* What to produce *
Every line that contains the word "hashes" should be copied from the records below.

Dataset excerpts
▼

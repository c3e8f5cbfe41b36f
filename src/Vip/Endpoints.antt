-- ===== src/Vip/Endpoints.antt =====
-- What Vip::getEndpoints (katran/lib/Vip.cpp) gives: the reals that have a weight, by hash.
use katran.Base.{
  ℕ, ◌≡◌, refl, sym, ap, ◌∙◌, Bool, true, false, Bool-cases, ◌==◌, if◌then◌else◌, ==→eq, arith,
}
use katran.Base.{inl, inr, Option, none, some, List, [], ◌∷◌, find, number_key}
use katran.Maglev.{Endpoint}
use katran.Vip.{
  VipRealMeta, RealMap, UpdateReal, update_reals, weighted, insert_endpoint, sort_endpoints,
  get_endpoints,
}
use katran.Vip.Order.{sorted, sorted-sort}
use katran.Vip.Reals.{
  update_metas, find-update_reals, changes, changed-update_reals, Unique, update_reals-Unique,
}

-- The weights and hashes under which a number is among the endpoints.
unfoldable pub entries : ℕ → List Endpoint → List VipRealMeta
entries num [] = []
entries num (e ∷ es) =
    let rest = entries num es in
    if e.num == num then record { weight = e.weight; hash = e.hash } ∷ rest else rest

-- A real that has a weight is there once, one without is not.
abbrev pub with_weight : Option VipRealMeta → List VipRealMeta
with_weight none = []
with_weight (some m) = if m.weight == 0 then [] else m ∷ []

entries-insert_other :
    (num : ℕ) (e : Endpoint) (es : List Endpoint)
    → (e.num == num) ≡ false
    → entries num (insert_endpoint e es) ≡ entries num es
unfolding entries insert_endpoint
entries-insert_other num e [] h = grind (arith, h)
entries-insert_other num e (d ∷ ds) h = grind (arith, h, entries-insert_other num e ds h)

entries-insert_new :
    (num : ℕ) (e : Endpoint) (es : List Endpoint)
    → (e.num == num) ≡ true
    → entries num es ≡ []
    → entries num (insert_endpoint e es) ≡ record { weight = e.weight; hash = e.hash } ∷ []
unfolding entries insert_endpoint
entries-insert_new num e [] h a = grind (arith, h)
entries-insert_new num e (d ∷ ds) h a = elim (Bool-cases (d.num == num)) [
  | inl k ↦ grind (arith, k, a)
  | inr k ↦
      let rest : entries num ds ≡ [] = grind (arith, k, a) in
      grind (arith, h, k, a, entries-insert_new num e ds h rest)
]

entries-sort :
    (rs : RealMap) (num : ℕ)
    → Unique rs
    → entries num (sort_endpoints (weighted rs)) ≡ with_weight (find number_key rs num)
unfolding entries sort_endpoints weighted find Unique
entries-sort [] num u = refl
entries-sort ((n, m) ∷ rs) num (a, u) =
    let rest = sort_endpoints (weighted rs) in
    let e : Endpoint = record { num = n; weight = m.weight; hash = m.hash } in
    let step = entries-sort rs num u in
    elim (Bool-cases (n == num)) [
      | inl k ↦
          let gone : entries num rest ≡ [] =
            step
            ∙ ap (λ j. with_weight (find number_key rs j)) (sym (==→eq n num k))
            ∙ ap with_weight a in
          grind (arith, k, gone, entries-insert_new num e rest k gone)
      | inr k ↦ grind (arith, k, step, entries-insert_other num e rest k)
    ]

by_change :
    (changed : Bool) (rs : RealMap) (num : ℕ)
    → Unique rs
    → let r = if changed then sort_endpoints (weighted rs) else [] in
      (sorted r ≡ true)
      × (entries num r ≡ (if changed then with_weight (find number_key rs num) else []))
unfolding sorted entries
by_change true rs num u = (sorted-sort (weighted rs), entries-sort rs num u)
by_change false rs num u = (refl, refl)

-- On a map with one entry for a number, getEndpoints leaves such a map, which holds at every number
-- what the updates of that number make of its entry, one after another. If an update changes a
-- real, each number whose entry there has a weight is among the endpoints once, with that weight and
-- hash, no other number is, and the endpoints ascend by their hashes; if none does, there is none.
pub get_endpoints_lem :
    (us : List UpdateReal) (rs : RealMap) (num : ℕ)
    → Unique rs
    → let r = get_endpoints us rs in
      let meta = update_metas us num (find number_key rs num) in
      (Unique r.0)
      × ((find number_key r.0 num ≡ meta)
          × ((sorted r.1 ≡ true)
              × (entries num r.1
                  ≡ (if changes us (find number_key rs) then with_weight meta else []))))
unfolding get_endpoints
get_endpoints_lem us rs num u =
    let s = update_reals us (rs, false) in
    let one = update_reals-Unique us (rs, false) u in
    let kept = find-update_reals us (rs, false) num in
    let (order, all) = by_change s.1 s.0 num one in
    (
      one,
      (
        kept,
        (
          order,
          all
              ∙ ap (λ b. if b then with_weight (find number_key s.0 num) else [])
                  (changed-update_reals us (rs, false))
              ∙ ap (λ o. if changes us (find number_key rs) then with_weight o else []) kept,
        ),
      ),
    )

▲

* Your response *
-- The weights and hashes under which a number is among the endpoints.
-- hash, no other number is, and the endpoints ascend by their hashes; if none does, there is none.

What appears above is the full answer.